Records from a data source
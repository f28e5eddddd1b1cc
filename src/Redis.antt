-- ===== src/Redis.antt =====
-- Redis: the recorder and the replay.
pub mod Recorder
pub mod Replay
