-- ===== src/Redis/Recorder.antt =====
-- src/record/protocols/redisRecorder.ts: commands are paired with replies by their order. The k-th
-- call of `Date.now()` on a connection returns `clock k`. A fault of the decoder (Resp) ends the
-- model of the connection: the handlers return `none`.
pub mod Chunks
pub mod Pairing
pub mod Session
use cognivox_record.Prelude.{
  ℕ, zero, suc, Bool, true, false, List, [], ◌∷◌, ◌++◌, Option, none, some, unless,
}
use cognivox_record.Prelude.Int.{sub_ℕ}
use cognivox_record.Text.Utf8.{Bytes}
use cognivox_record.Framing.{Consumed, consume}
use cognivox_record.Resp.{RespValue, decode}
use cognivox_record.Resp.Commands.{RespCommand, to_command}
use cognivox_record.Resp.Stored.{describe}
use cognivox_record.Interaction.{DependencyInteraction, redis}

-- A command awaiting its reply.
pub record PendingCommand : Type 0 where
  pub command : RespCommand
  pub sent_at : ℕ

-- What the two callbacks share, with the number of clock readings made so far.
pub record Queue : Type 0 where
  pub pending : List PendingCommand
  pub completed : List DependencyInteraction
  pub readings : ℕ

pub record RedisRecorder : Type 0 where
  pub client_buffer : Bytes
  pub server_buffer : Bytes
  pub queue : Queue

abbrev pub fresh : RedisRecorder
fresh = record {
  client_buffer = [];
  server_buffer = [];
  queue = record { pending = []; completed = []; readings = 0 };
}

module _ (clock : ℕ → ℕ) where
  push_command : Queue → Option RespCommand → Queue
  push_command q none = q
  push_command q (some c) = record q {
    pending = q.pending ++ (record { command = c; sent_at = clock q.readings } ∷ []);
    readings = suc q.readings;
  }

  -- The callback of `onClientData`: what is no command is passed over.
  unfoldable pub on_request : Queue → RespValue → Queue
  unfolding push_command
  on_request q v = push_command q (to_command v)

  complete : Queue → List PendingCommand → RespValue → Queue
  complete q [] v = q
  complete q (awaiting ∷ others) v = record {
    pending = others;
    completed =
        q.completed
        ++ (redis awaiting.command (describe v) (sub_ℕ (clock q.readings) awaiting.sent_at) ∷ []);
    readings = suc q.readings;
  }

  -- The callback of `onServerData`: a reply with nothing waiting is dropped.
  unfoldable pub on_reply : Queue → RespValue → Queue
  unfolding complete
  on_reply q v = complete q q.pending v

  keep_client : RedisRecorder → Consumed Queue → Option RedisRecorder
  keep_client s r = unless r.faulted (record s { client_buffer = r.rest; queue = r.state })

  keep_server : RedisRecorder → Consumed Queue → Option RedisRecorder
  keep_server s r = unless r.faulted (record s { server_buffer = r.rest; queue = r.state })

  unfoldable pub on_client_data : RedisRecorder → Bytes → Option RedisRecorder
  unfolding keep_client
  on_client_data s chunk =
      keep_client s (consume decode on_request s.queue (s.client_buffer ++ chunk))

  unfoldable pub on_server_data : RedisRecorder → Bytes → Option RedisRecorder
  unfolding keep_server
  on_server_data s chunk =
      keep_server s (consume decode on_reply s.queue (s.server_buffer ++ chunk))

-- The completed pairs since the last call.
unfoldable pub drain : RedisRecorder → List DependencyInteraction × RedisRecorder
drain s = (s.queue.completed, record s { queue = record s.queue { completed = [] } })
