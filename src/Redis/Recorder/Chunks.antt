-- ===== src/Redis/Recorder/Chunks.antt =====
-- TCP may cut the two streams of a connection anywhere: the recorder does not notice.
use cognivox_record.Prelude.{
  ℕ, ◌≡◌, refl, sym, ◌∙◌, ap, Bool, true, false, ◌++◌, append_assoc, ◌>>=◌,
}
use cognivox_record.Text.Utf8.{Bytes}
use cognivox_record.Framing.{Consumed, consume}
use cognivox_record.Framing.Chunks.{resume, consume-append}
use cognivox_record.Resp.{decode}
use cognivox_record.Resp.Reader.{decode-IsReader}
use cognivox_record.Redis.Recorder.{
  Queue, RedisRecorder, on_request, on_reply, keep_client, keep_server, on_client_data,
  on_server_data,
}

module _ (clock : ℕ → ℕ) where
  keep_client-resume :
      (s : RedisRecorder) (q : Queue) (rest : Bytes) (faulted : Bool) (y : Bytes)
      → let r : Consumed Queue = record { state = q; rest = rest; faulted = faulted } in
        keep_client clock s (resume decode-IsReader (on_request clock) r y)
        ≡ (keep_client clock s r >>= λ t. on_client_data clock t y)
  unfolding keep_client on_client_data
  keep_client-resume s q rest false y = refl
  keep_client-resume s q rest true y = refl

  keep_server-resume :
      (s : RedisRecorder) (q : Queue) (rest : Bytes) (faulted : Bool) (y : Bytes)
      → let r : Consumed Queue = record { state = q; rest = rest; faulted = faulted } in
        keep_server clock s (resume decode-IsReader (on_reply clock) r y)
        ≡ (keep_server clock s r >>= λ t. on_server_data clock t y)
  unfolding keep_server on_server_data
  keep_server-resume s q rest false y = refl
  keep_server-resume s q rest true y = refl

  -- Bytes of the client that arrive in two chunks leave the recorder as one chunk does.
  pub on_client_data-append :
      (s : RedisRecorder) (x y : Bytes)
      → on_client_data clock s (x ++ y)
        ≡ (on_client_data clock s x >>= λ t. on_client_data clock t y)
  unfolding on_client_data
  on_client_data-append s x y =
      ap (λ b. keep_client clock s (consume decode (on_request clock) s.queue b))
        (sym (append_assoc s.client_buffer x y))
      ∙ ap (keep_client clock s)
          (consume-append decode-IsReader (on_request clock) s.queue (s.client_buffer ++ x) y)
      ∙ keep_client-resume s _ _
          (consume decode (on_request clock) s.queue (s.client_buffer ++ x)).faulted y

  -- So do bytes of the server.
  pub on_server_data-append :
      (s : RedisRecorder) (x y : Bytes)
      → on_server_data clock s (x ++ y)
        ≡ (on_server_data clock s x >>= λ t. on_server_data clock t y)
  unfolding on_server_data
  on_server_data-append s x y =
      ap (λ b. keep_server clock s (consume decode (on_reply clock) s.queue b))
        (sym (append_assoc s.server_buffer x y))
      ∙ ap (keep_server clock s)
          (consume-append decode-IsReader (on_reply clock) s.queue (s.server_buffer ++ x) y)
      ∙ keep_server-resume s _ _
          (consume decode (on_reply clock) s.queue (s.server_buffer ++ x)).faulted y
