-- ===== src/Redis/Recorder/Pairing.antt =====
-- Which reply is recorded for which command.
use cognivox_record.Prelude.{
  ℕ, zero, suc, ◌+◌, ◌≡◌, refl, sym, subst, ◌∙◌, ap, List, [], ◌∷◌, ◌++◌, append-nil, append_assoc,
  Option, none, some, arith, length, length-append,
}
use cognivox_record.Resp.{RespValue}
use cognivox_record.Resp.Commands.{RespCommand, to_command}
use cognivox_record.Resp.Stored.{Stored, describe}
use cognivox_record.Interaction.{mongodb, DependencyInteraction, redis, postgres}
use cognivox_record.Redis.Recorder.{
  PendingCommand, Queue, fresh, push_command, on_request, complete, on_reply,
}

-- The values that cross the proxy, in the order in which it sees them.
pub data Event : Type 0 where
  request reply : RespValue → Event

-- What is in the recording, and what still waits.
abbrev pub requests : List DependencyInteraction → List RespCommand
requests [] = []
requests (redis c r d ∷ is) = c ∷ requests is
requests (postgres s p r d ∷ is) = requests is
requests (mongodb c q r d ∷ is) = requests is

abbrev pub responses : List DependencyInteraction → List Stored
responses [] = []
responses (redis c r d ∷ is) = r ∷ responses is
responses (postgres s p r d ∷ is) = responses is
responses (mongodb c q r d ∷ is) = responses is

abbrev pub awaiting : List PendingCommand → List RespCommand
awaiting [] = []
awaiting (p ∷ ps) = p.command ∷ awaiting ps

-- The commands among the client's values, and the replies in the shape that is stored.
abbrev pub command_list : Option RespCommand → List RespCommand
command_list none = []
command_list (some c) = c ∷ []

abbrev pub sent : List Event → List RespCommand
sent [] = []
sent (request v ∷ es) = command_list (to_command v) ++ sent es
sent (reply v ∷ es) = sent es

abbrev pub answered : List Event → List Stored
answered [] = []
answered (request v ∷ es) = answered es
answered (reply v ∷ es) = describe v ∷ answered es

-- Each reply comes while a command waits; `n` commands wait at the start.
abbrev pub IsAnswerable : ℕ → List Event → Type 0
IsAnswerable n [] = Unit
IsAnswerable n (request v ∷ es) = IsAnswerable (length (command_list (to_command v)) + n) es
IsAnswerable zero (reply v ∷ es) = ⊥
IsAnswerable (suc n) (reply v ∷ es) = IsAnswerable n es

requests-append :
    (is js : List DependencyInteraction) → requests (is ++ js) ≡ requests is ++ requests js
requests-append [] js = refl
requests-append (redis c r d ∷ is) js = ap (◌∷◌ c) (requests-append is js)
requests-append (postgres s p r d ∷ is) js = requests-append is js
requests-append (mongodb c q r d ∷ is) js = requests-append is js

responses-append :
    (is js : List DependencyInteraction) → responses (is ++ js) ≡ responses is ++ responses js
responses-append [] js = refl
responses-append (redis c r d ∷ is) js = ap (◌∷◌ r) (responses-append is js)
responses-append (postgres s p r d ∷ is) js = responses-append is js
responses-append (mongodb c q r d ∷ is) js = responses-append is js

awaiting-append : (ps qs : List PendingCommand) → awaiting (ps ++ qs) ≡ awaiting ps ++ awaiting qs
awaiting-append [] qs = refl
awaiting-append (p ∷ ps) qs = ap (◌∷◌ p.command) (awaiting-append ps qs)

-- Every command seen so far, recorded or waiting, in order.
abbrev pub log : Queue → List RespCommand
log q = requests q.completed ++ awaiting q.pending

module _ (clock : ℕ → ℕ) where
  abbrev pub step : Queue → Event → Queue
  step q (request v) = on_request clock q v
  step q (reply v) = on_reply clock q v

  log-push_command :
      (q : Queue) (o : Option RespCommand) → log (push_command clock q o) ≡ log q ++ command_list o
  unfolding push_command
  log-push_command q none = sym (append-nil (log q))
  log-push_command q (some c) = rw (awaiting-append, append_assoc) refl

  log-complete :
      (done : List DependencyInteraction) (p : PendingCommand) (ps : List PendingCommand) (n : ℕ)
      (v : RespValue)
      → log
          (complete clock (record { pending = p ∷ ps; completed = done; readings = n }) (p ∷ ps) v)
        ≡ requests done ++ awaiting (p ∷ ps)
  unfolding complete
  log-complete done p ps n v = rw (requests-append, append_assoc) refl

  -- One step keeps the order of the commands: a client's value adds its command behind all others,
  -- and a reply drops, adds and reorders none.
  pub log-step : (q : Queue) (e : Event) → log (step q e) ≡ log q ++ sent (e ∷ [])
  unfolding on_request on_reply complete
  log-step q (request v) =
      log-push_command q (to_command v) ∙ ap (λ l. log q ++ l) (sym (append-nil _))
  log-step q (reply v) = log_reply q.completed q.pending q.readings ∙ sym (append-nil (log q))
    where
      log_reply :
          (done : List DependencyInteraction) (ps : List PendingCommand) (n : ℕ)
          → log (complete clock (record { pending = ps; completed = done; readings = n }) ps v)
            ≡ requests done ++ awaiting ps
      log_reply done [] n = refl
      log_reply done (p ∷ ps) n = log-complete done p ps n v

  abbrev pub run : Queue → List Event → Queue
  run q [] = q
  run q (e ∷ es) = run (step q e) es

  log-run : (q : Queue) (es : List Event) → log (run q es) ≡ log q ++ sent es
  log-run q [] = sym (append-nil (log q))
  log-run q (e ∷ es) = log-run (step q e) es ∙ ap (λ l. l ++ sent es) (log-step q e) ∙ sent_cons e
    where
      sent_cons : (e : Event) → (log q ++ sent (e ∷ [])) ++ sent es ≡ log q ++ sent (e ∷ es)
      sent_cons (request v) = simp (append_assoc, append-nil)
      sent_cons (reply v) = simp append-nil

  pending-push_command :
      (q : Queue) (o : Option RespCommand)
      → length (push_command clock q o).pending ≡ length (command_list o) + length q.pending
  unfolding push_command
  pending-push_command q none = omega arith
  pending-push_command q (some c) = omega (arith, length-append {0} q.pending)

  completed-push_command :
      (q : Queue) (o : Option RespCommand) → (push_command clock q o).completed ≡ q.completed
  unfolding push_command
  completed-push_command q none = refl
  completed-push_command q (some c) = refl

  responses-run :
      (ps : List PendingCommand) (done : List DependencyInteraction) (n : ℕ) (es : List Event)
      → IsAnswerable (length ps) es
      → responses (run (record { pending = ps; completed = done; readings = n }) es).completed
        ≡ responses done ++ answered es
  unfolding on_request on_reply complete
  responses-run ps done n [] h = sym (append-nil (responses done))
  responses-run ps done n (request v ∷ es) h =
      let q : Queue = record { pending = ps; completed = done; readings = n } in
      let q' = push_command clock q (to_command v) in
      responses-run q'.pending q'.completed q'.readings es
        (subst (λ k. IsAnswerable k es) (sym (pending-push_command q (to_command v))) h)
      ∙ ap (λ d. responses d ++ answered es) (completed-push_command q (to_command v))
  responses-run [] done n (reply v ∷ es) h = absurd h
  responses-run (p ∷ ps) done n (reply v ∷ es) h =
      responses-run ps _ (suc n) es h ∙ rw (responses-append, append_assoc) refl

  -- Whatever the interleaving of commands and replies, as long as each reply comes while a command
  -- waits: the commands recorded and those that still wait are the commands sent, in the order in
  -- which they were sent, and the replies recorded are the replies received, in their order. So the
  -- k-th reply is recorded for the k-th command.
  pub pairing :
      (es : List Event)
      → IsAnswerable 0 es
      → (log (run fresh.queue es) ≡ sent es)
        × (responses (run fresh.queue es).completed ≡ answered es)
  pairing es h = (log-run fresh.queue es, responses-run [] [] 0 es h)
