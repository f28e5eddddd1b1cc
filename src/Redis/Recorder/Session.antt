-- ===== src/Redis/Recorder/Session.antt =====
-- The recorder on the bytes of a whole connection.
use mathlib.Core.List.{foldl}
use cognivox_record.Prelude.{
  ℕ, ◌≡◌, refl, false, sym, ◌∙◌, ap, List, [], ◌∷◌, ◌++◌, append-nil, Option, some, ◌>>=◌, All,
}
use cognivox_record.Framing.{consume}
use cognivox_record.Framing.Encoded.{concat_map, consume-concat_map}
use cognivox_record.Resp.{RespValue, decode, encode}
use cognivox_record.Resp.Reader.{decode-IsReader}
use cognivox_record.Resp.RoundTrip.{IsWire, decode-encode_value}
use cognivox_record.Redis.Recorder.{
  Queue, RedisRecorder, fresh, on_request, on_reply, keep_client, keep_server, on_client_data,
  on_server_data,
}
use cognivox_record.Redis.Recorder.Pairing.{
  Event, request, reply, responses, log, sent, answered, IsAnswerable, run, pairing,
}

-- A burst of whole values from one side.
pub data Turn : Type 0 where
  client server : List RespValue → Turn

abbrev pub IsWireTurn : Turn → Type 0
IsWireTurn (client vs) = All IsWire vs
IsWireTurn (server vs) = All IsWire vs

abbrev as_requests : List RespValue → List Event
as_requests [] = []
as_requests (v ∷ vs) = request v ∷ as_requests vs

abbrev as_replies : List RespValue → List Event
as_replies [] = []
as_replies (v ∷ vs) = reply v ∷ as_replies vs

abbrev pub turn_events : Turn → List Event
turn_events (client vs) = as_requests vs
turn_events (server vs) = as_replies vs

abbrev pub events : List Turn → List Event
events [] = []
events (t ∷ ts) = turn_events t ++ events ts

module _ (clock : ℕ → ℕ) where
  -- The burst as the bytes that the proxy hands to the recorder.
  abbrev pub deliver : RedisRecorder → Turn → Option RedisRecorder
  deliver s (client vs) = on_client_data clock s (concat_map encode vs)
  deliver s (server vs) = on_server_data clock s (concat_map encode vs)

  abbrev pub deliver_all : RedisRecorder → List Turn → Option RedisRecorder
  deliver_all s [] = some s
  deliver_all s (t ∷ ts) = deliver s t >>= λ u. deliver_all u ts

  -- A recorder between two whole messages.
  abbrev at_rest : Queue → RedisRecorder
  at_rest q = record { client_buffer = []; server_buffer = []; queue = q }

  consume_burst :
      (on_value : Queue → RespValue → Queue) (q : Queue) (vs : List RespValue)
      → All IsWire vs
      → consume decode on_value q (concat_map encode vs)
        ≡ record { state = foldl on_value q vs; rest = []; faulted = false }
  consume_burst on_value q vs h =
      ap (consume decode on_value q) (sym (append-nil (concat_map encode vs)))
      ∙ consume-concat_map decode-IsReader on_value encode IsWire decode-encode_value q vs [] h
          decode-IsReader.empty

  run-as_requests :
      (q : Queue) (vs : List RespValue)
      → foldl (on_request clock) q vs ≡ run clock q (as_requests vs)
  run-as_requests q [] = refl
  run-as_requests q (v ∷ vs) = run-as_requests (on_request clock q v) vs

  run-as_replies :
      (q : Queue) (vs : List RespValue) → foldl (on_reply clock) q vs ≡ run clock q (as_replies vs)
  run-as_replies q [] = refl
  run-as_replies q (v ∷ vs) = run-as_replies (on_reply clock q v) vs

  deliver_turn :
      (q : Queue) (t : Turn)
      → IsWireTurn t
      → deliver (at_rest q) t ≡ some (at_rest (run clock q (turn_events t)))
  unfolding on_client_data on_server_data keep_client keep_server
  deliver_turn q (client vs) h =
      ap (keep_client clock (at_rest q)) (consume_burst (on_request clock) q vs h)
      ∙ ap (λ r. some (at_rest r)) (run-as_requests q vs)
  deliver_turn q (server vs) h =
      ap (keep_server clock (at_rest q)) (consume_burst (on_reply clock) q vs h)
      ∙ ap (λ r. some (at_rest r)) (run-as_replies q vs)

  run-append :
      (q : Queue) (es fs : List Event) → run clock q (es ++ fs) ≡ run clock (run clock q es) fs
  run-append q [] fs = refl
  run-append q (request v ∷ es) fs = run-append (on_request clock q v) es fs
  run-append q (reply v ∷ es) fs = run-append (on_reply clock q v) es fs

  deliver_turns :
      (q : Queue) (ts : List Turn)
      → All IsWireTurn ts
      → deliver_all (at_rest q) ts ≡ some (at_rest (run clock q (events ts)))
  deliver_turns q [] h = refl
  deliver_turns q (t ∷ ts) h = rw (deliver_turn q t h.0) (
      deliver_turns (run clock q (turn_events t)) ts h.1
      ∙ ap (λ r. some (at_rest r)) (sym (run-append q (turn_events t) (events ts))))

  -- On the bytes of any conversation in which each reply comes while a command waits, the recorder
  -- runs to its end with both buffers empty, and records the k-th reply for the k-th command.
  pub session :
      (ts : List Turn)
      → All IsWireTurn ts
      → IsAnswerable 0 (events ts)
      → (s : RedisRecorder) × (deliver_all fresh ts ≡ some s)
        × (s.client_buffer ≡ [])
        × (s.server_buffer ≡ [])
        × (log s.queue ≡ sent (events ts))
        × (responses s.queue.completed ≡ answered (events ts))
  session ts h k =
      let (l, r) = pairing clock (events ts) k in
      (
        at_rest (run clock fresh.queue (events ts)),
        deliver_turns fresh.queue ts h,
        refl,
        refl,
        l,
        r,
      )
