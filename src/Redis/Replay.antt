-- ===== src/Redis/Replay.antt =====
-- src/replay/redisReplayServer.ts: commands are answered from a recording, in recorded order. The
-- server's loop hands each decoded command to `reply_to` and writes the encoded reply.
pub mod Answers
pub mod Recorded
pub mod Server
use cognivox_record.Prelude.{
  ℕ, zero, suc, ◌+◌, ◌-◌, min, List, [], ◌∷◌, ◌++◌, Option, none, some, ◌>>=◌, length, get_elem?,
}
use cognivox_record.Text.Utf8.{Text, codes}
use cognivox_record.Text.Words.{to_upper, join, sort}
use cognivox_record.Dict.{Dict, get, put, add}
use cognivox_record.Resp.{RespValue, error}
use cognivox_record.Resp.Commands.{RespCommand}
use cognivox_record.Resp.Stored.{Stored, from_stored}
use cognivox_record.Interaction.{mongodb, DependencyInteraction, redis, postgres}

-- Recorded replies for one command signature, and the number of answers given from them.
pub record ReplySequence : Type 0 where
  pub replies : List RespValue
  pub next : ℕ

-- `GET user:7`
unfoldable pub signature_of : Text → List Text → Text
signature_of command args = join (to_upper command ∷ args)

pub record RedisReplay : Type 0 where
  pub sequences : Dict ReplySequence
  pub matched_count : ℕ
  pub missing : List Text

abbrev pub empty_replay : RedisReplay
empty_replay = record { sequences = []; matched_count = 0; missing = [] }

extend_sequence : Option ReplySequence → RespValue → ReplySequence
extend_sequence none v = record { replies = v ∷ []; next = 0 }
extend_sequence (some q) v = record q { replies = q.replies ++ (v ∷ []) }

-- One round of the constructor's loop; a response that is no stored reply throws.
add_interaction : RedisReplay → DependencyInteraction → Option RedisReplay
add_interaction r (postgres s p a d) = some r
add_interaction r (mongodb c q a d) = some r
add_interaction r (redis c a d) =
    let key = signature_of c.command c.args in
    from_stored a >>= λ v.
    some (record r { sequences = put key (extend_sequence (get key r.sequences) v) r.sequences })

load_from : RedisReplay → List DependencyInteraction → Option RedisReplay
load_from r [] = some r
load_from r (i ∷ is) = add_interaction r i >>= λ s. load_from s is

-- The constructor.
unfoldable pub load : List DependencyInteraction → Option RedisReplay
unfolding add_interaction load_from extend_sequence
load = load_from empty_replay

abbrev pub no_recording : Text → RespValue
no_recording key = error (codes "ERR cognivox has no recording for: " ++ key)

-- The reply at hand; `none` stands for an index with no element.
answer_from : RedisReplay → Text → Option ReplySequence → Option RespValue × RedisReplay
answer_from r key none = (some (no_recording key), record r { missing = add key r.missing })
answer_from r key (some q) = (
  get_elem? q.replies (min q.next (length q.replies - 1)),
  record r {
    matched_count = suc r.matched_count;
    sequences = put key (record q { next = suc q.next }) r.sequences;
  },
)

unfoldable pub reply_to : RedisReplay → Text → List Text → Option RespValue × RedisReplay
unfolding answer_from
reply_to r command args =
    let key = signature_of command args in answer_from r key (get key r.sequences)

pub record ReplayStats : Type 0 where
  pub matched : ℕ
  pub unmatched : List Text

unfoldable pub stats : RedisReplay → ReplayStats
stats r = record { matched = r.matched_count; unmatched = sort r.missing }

(ASSIGNED TASK) From the records above, print only the lines between the one holding "state = foldl" and the one holding "deliver_turns q (t", inclusive, exactly as they stand.

(OUTPUT FOR THIS TASK)
        ≡ record { state = foldl on_value q vs; rest = []; faulted = false }
  consume_burst on_value q vs h =
      ap (consume decode on_value q) (sym (append-nil (concat_map encode vs)))
      ∙ consume-concat_map decode-IsReader on_value encode IsWire decode-encode_value q vs [] h
          decode-IsReader.empty

  run-as_requests :
      (q : Queue) (vs : List RespValue)
      → foldl (on_request clock) q vs ≡ run clock q (as_requests vs)
  run-as_requests q [] = refl
  run-as_requests q (v ∷ vs) = run-as_requests (on_request clock q v) vs

  run-as_replies :
      (q : Queue) (vs : List RespValue) → foldl (on_reply clock) q vs ≡ run clock q (as_replies vs)
  run-as_replies q [] = refl
  run-as_replies q (v ∷ vs) = run-as_replies (on_reply clock q v) vs

  deliver_turn :
      (q : Queue) (t : Turn)
      → IsWireTurn t
      → deliver (at_rest q) t ≡ some (at_rest (run clock q (turn_events t)))
  unfolding on_client_data on_server_data keep_client keep_server
  deliver_turn q (client vs) h =
      ap (keep_client clock (at_rest q)) (consume_burst (on_request clock) q vs h)
      ∙ ap (λ r. some (at_rest r)) (run-as_requests q vs)
  deliver_turn q (server vs) h =
      ap (keep_server clock (at_rest q)) (consume_burst (on_reply clock) q vs h)
      ∙ ap (λ r. some (at_rest r)) (run-as_replies q vs)

  run-append :
      (q : Queue) (es fs : List Event) → run clock q (es ++ fs) ≡ run clock (run clock q es) fs
  run-append q [] fs = refl
  run-append q (request v ∷ es) fs = run-append (on_request clock q v) es fs
  run-append q (reply v ∷ es) fs = run-append (on_reply clock q v) es fs

  deliver_turns :
      (q : Queue) (ts : List Turn)
      → All IsWireTurn ts
      → deliver_all (at_rest q) ts ≡ some (at_rest (run clock q (events ts)))
  deliver_turns q [] h = refl
  deliver_turns q (t ∷ ts) h = rw (deliver_turn q t h.0) (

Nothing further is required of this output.